Material for this task:
::::::::
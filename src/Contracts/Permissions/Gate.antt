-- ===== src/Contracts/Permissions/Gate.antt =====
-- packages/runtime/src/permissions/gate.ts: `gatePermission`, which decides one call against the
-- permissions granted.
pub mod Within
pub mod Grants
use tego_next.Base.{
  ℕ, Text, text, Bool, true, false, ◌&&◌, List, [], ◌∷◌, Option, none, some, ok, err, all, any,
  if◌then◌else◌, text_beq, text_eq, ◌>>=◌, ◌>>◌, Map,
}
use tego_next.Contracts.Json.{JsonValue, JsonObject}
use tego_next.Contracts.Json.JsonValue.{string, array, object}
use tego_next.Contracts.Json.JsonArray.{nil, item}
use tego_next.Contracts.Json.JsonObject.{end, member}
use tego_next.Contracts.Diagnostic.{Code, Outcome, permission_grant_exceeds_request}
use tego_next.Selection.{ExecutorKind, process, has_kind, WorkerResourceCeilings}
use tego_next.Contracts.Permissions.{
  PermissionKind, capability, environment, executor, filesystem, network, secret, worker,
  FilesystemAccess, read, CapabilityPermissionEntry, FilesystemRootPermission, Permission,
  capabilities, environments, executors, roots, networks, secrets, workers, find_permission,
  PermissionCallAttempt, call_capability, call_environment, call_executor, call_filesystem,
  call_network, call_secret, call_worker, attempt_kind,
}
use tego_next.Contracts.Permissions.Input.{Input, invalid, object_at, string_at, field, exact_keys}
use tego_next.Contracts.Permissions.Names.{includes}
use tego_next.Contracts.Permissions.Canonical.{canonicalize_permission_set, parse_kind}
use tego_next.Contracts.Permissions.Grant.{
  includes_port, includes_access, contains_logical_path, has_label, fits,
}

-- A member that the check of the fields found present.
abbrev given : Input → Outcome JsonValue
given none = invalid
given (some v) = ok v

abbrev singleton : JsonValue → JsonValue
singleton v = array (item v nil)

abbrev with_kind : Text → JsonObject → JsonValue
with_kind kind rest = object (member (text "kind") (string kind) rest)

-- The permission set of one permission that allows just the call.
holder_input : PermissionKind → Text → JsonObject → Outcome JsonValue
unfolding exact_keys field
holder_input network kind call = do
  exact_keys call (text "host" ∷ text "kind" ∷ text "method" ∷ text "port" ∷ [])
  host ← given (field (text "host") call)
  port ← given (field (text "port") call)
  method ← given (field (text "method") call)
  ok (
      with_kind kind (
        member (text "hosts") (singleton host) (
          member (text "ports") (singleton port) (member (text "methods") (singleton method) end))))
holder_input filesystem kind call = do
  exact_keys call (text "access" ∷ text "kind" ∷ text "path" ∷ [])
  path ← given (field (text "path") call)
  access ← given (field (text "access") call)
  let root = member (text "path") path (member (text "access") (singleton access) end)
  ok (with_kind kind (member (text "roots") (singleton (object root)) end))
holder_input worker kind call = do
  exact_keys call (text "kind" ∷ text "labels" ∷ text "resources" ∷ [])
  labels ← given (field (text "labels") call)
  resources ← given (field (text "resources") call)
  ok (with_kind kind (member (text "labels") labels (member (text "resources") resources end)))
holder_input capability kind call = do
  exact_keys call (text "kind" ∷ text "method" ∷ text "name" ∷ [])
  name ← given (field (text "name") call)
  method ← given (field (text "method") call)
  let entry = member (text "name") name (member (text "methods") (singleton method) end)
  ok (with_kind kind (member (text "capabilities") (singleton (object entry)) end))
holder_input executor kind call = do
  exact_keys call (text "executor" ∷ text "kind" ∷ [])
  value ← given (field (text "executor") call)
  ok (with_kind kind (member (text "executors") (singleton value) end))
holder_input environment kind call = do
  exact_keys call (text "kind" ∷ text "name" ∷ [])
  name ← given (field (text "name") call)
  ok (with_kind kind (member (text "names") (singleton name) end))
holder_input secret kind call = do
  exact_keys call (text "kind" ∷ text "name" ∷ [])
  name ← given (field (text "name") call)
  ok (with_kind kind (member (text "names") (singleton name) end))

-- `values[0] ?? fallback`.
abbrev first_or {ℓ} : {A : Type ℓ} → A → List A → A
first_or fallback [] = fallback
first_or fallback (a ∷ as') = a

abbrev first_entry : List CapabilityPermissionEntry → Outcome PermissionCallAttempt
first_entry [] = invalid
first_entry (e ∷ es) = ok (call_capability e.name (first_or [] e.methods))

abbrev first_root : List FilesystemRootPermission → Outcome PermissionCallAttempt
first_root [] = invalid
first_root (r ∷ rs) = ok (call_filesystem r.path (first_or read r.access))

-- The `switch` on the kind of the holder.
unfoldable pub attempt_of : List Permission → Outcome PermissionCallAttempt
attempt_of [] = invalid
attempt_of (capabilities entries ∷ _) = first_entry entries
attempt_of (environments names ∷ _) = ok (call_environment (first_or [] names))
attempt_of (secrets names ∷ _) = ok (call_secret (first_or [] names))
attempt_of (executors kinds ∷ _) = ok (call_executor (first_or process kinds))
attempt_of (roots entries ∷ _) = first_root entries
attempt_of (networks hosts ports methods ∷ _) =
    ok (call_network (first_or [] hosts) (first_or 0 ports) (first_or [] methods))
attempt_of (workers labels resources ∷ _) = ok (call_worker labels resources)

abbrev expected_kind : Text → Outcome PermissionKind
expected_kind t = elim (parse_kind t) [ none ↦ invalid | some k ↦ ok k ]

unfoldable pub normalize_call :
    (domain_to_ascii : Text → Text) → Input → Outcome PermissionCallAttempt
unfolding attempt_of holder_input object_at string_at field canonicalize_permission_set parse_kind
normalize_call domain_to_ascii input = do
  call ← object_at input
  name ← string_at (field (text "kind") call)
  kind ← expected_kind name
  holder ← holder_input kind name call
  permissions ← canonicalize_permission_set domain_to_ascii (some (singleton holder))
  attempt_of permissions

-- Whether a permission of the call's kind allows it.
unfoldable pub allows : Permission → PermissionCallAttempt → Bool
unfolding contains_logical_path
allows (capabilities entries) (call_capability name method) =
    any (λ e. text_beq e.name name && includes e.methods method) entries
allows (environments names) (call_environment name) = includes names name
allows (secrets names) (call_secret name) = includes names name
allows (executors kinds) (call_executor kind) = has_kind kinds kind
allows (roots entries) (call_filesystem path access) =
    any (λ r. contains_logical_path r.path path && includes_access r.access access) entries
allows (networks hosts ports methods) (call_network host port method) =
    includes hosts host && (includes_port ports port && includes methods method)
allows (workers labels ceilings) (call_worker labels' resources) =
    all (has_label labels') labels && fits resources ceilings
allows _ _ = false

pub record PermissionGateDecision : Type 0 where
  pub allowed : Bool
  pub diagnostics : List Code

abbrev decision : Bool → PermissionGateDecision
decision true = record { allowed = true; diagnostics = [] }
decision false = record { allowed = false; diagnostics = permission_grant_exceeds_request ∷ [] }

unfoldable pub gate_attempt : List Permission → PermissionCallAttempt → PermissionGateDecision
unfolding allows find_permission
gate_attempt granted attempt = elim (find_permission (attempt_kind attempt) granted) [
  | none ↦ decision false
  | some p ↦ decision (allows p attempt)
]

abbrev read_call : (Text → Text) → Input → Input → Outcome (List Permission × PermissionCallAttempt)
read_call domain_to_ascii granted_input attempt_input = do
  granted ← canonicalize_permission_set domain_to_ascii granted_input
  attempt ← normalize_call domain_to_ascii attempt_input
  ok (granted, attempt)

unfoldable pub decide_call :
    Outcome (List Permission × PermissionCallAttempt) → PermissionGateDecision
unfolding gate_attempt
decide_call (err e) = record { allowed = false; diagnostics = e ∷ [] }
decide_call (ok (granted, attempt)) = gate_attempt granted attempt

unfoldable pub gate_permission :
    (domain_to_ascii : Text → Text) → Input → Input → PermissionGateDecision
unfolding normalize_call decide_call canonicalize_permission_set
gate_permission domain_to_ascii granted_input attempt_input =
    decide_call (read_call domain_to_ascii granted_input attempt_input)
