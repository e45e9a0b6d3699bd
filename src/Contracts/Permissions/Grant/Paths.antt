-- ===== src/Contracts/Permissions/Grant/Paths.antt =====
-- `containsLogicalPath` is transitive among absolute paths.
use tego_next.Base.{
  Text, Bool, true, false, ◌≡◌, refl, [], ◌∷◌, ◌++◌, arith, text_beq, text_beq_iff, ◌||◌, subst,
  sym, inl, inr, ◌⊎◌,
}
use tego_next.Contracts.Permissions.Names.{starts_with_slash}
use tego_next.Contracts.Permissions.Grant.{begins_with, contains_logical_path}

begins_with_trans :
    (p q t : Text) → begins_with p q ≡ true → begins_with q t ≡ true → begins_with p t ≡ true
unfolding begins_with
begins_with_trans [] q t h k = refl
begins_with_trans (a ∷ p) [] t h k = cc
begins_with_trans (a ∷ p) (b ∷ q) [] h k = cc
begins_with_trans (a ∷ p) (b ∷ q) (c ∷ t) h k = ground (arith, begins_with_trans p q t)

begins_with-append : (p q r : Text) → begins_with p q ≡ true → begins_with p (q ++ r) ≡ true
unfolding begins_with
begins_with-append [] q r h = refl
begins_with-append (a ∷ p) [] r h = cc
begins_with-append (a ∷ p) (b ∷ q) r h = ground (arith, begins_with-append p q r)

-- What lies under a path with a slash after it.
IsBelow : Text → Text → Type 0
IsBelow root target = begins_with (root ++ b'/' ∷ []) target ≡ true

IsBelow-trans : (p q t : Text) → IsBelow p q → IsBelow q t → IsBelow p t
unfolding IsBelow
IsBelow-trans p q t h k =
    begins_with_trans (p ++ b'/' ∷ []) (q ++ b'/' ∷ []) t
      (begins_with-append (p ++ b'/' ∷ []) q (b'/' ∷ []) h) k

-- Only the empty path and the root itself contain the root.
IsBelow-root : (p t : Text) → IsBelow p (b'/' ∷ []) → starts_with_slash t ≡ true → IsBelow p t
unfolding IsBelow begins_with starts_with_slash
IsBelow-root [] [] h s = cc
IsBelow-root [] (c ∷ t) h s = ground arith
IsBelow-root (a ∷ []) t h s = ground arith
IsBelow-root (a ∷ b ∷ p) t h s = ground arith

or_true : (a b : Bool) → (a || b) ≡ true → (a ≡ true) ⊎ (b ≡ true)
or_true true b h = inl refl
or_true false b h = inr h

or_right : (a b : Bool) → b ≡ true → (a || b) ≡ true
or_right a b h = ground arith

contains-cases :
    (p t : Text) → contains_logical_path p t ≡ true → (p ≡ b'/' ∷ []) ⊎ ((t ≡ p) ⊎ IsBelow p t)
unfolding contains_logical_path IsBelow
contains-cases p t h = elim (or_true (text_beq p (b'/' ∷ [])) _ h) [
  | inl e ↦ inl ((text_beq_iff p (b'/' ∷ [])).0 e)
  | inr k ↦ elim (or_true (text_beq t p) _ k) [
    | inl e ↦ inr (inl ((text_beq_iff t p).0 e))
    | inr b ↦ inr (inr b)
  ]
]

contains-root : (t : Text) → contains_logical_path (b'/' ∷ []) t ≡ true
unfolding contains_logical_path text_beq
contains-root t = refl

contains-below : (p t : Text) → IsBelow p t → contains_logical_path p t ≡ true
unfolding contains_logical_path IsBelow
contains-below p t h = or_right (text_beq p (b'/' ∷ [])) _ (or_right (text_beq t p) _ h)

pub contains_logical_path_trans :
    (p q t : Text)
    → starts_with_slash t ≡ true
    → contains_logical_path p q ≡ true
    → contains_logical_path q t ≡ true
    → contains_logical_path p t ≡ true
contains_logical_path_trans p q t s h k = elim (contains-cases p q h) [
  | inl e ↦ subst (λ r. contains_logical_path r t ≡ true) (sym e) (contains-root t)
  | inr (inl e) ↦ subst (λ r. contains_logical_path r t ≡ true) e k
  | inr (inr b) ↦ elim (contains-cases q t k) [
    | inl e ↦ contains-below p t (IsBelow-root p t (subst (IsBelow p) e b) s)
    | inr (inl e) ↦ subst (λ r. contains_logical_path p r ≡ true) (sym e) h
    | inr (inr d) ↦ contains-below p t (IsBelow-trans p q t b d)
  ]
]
::::::::
Instructions for the task: Only exact copies of the lines from the one containing "t ≡ true) e k" to the end of the records belong in the answer.

Exercise result:
  | inr (inl e) ↦ subst (λ r. contains_logical_path r t ≡ true) e k
  | inr (inr b) ↦ elim (contains-cases q t k) [
    | inl e ↦ contains-below p t (IsBelow-root p t (subst (IsBelow p) e b) s)
    | inr (inl e) ↦ subst (λ r. contains_logical_path p r ≡ true) (sym e) h
    | inr (inr d) ↦ contains-below p t (IsBelow-trans p q t b d)
  ]
]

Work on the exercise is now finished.